I've been asked to review the JSON Pointer and Patch draft RFCs. I've 
had some discussion about them off-list, and have been advised to bring 
my issues to the list. And so, I am. :)

I've scanned the archived list discussion of the patch and pointer RFCs, 
so I don't think these issues have come up here already. Let me know if 
they have.

The first issue is comparing Unicode strings. Section 4 of 
http://tools.ietf.org/html/draft-ietf-appsawg-json-pointer-00 says

       If the currently referenced value is a JSON object, the new
       referenced value is the object member with the name identified by
       the reference token.

That is, if the reference token equals the name of some value within the 
object, move to that value. However, the tokens and values are Unicode 
strings; I'm not an expert in Unicode, but my impression is that testing 
Unicode strings for equality is not as simple as comparing sequences of 
bytes. For example, there are linguistic considerations: I believe 
German ö and oe are considered identical.

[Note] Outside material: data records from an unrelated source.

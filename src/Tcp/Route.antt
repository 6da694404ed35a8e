-- ===== src/Tcp/Route.antt =====
-- internal/curlu/tcpraw.go: `parseProcNetRouteGateway`.
use curlu.Base.{
  ℕ, List, [], ◌∷◌, ◌/◌, ◌%◌, ◌^◌, ◌==◌, if◌then◌else◌, Option, none, some, Bytes, codes, Result,
  ok, err, same,
}
use curlu.Text.{split, fields}
use curlu.Number.{parse_uint, max_u32}

pub data RouteError : Type 0 where
  bad_address no_gateway : RouteError

-- The bytes of the address in network order, the lowest byte of the number first.
unfoldable pub address_bytes : ℕ → Bytes
address_bytes raw =
    raw % 2 ^ 8 ∷ raw / 2 ^ 8 % 2 ^ 8 ∷ raw / 2 ^ 16 % 2 ^ 8 ∷ raw / 2 ^ 24 % 2 ^ 8 ∷ []

-- A line of the table: the result, or that the loop goes on.
abbrev pub gateway_field : Bytes → Option (Result RouteError Bytes)
gateway_field text = elim (parse_uint 16 max_u32 text) [
  | none ↦ some (err bad_address)
  | some raw ↦ if raw == 0 then none else some (ok (address_bytes raw))
]

abbrev pub route_fields : List Bytes → Option (Result RouteError Bytes)
route_fields (_ ∷ destination ∷ gateway ∷ _) =
    if same destination (codes "00000000") then gateway_field gateway else none
route_fields _ = none

unfoldable pub route_lines : List Bytes → Result RouteError Bytes
route_lines [] = err no_gateway
route_lines (line ∷ lines) =
    let onward = route_lines lines in
    elim (route_fields (fields line)) [ some r ↦ r | none ↦ onward ]

abbrev pub rows : List Bytes → List Bytes
rows [] = []
rows (_ ∷ lines) = lines

unfoldable pub parse_proc_net_route_gateway : Bytes → Result RouteError Bytes
unfolding route_lines address_bytes
parse_proc_net_route_gateway text = route_lines (rows (split 10 text))
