-- ===== src/Tcp.antt =====
-- internal/curlu/tcpraw.go: the TCP connection behind a crafted SYN.
mod Defs
mod Handshake
mod Route
pub mod Write
pub mod Receive
pub mod Transfer
pub mod Delivery
pub mod Events
pub mod Established
pub mod Tests
unfoldable pub use Defs.*
unfoldable pub use Handshake.*
unfoldable pub use Route.*
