-- ===== src/Tcp/Write.antt =====
-- internal/curlu/tcpraw.go: `Write` and `sendLocked`.
use mathlib.Core.Path.{ap₂, subst₂}
use curlu.Base.{
  take_rest, ℕ, zero, suc, Bool, true, false, Option, none, some, List, [], ◌∷◌, ◌++◌, append_assoc,
  append-nil, ◌+◌, ◌%◌, ◌^◌, ◌≤◌, ◌<◌, ◌≡◌, refl, sym, ap, ◌∙◌, arith, Bytes, length, length-take,
  length-drop, take, drop, All, Option-cases, inl, inr,
}
use curlu.Tcp.Defs.{
  word, add32, ConnError, Segment, Conn, moment_now, outgoing, send_locked, deadline_err,
  write_loop, segment_size, write,
}

-- What a send leaves alone, whether it works or not.
pub record Keeps (c d : Conn) : Type 0 where
  pub window : d.window ≡ c.window
  pub peer_mss : d.peer_mss ≡ c.peer_mss
  pub use_ts : d.use_ts ≡ c.use_ts
  pub snd_nxt : d.snd_nxt ≡ c.snd_nxt
  pub rcv_nxt : d.rcv_nxt ≡ c.rcv_nxt
  pub ts_echo : d.ts_echo ≡ c.ts_echo
  pub read_buf : d.read_buf ≡ c.read_buf
  pub closed : d.closed ≡ c.closed
  pub got_fin : d.got_fin ≡ c.got_fin
  pub error : d.error ≡ c.error

pub send_locked-Keeps :
    (c : Conn) (syn ack psh fin : Bool) (payload : Bytes)
    → Keeps c (send_locked c syn ack psh fin payload).0
unfolding send_locked
send_locked-Keeps c syn ack psh fin payload = elim (Option-cases (moment_now c.moments).fault) [
  | inl e ↦ ground arith
  | inr (x, e) ↦ ground arith
]

-- A send that works puts one packet on the wire, with the numbers of the state.
record Sends (c d : Conn) (seg : Segment) (payload : Bytes) : Type 0 where
  wire : d.wire ≡ c.wire ++ seg ∷ []
  seq : seg.seq ≡ c.snd_nxt
  ack_number : seg.ack_number ≡ c.rcv_nxt
  carries : seg.payload ≡ payload

sent_segment : Conn → Bool → Bool → Bool → Bool → Bytes → Segment
sent_segment c = outgoing c ((c.ip_id + 1) % 2 ^ 16)

send_locked-Sends :
    (c : Conn) (syn ack psh fin : Bool) (payload : Bytes)
    → (send_locked c syn ack psh fin payload).1 ≡ none
    → Sends c
        (send_locked c syn ack psh fin payload).0
        (sent_segment c syn ack psh fin payload)
        payload
unfolding send_locked sent_segment
send_locked-Sends c syn ack psh fin payload h = record {
  wire = ground arith;
  seq = refl;
  ack_number = refl;
  carries = refl;
}

-- Consecutive packets that carry `data` from the sequence number `seq` on.
pub data Carries : ℕ → List Segment → Bytes → Type 0 where
  nil : {seq : ℕ} → Carries seq [] []
  cons :
      {seq : ℕ} {g : Segment} {gs : List Segment} {rest data' : Bytes}
      → g.seq ≡ seq
      → Carries (add32 seq (length g.payload)) gs rest
      → data' ≡ g.payload ++ rest
      → Carries seq (g ∷ gs) data'

-- Plain data packets of one to `mss` bytes.
abbrev pub IsData : ℕ → Segment → Type 0
IsData mss g =
    (0 < length g.payload)
    × (length g.payload ≤ mss)
    × (g.syn ≡ false)
    × (g.ack ≡ true)
    × (g.fin ≡ false)

-- What a `Write` of `p` has done when it returns `n` and `e`.
pub record Written (mss : ℕ) (c : Conn) (p : Bytes) (d : Conn) (n : ℕ) (e : Option ConnError)
    : Type 0 where
  pub packets : List Segment
  pub wire : d.wire ≡ c.wire ++ packets
  pub carries : Carries c.snd_nxt packets (take n p)
  pub are_data : All (IsData mss) packets
  pub counted : n ≤ length p
  pub complete : e ≡ none → n ≡ length p
  pub advanced : d.snd_nxt ≡ add32 c.snd_nxt n
  pub received : d.rcv_nxt ≡ c.rcv_nxt
  pub still_open : d.closed ≡ c.closed

add32-add32 : (a b c : ℕ) → add32 (add32 a b) c ≡ add32 a (b + c)
add32-add32 a b c = omega arith

-- One chunk that was sent, and the loop's work on what is left.
Written-cons :
    (mss : ℕ) (c d : Conn) (p : Bytes) (d' : Conn) (k : ℕ) (e : Option ConnError) (seg : Segment)
    → 0 < mss
    → 0 < length p
    → Keeps c d
    → Sends c d seg (take mss p)
    → IsData mss seg
    → c.snd_nxt < word
    → Written mss (record d { snd_nxt = add32 d.snd_nxt (length (take mss p)) }) (drop mss p) d' k e
    → Written mss c p d' (length (take mss p) + k) e
Written-cons mss c d p d' k e seg pos some_bytes keeps sends is_data w r = record {
  packets = seg ∷ r.packets;
  wire = r.wire ∙ ap (λ x. x ++ r.packets) sends.wire ∙ append_assoc c.wire (seg ∷ []) r.packets;
  carries =
      cons sends.seq
        (subst₂ (λ s q. Carries s r.packets q)
          (ap₂ (λ a b. add32 a (length b)) keeps.snd_nxt (sym sends.carries)) refl r.carries)
        (sym (take_rest mss k p) ∙ ap (λ x. x ++ take k (drop mss p)) (sym sends.carries));
  are_data = (is_data, r.are_data);
  counted = omega (arith, r.counted, length-drop mss p, length-take mss p);
  complete = λ none_left. omega (arith, r.complete none_left, length-drop mss p, length-take mss p);
  advanced =
      r.advanced
      ∙ ap (λ x. add32 (add32 x (length (take mss p))) k) keeps.snd_nxt
      ∙ add32-add32 c.snd_nxt (length (take mss p)) k;
  received = r.received ∙ keeps.rcv_nxt;
  still_open = r.still_open ∙ keeps.closed;
}

segment_size_pos : (n : ℕ) → 0 < segment_size n
segment_size_pos zero = omega arith
segment_size_pos (suc n) = omega arith

sent_segment-IsData :
    (c : Conn) (mss : ℕ) (chunk : Bytes)
    → 0 < length chunk
    → length chunk ≤ mss
    → IsData mss (sent_segment c false true true false chunk)
unfolding sent_segment outgoing
sent_segment-IsData c mss chunk pos small = (pos, small, refl, refl, refl)

send_locked-failed :
    (c : Conn) (syn ack psh fin : Bool) (payload : Bytes) {x : ConnError}
    → (send_locked c syn ack psh fin payload).1 ≡ some x
    → (send_locked c syn ack psh fin payload).0.wire ≡ c.wire
unfolding send_locked
send_locked-failed c syn ack psh fin payload h = ground arith

-- One round of the loop.
module _ (f mss : ℕ) (c : Conn) (sent b : ℕ) (rest : Bytes) where
  abbrev pub tried : Conn × Option ConnError
  tried = send_locked c false true true false (take mss (b ∷ rest))

  abbrev pub moved : Conn
  moved = record (tried.0) { snd_nxt = add32 tried.0.snd_nxt (length (take mss (b ∷ rest))) }

  pub write_loop-sent :
      tried.1 ≡ none
      → write_loop (suc f) mss c sent (b ∷ rest)
        ≡ write_loop f mss moved (sent + length (take mss (b ∷ rest))) (drop mss (b ∷ rest))
  unfolding write_loop
  write_loop-sent h = rw (h, write_loop)

  pub write_loop_failed :
      (e : ConnError)
      → tried.1 ≡ some e
      → write_loop (suc f) mss c sent (b ∷ rest) ≡ (tried.0, sent, some e)
  unfolding write_loop
  write_loop_failed e h = rw (h, write_loop)

module _ (mss : ℕ) (mss_pos : 0 < mss) where
  -- The loop has sent `k` more bytes when it returns.
  write_loop-Written :
      (f : ℕ) (c : Conn) (sent : ℕ) (rest : Bytes)
      → length rest ≤ f
      → c.snd_nxt < word
      → (k : ℕ) × ((write_loop f mss c sent rest).1 ≡ sent + k)
        × Written mss c rest (write_loop f mss c sent rest).0 k (write_loop f mss c sent rest).2
  unfolding write_loop
  write_loop-Written f c sent [] h w = (
    0,
    omega arith,
    record {
      packets = [];
      wire = sym (append-nil c.wire);
      carries = nil;
      are_data = tt;
      counted = omega arith;
      complete = λ _. refl;
      advanced = omega arith;
      received = refl;
      still_open = refl;
    },
  )
  write_loop-Written zero c sent (b ∷ rest) h w = absurd (omega arith)
  write_loop-Written (suc f) c sent (b ∷ rest) h w =
      let chunk = take mss (b ∷ rest) in
      let d = (send_locked c false true true false chunk).0 in
      let seg = sent_segment c false true true false chunk in
      let keeps = send_locked-Keeps c false true true false chunk in
      let size = length-take mss (b ∷ rest) in
      elim (Option-cases (send_locked c false true true false chunk).1) [
        | inl e ↦
            let next = record d { snd_nxt = add32 d.snd_nxt (length chunk) } in
            let (k, count, r) =
              write_loop-Written f next (sent + length chunk) (drop mss (b ∷ rest))
                (omega (arith, length-drop mss (b ∷ rest))) (omega arith) in
            rw (write_loop-sent f mss c sent b rest e) (
              length chunk + k,
              omega (arith, count),
              Written-cons mss c d (b ∷ rest) _ k _ seg mss_pos (omega arith) keeps
                  (send_locked-Sends c false true true false chunk e)
                  (sent_segment-IsData c mss chunk (omega arith) (omega arith)) w r,
            )
        | inr (x, e) ↦ rw (write_loop_failed f mss c sent b rest x e) (
          0,
          omega arith,
          record {
            packets = [];
            wire = send_locked-failed c false true true false chunk e ∙ sym (append-nil c.wire);
            carries = nil;
            are_data = tt;
            counted = omega arith;
            complete = λ bad. absurd (cc bad);
            advanced = omega (arith, keeps.snd_nxt);
            received = keeps.rcv_nxt;
            still_open = keeps.closed;
          },
        )
      ]

write_runs :
    (c : Conn) (p : Bytes) (now : ℕ)
    → c.error ≡ none
    → c.closed ≡ false
    → deadline_err c.write_deadline now ≡ none
    → write c p now ≡ write_loop (length p) (segment_size c.peer_mss) c 0 p
unfolding write
write_runs c p now no_error is_open in_time = simp (no_error, is_open, in_time)

-- What `Write` does with `p` on a connection that has no error, is not closed and is within its
-- deadline: it has put `n` bytes of `p` on the wire, in consecutive data packets of at most the
-- peer's segment size, advanced the send sequence number by `n`, and `n` is all of `p` unless it
-- reports an error.
pub write-Written :
    (c : Conn) (p : Bytes) (now : ℕ)
    → c.snd_nxt < word
    → c.error ≡ none
    → c.closed ≡ false
    → deadline_err c.write_deadline now ≡ none
    → Written (segment_size c.peer_mss) c p (write c p now).0 (write c p now).1 (write c p now).2
write-Written c p now w no_error is_open in_time =
    let (k, count, r) =
      write_loop-Written (segment_size c.peer_mss) (segment_size_pos c.peer_mss) (length p) c 0 p
        (omega arith) w in
    let whole = write_runs c p now no_error is_open in_time in
    let e : k ≡ (write c p now).1 = omega (arith, count, ap (λ x. x.1) whole) in
    subst₂ (λ x j. Written (segment_size c.peer_mss) c p x.0 j x.2) (sym whole) e r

There's also the question of JSON documents with different encodings; 
UTF8 is the default, but UTF-16 and -32 with both endiannesses are also 
supported. Presumably this question will disappear in practice, since 
implementations will operate on deserialized data structures, not on 
JSON texts.

Could somebody with more expertise in this area comment? Perhaps this is 
all a solved problem, and the Pointer RFC simply needs to pick a 
normalization method and equality definition - or perhaps it's all so 
well-settled I'm seeing a problem where there is none.

Another issue is that the evaluation scheme implies some application 
semantics. Again, section 4:

    If a reference token is being evaluated against a concrete JSON
    document, the implementation MAY evaluate each token against a
    concrete value, and terminate evaluation with an error condition if a
    evaluation fails to resolve a concrete value.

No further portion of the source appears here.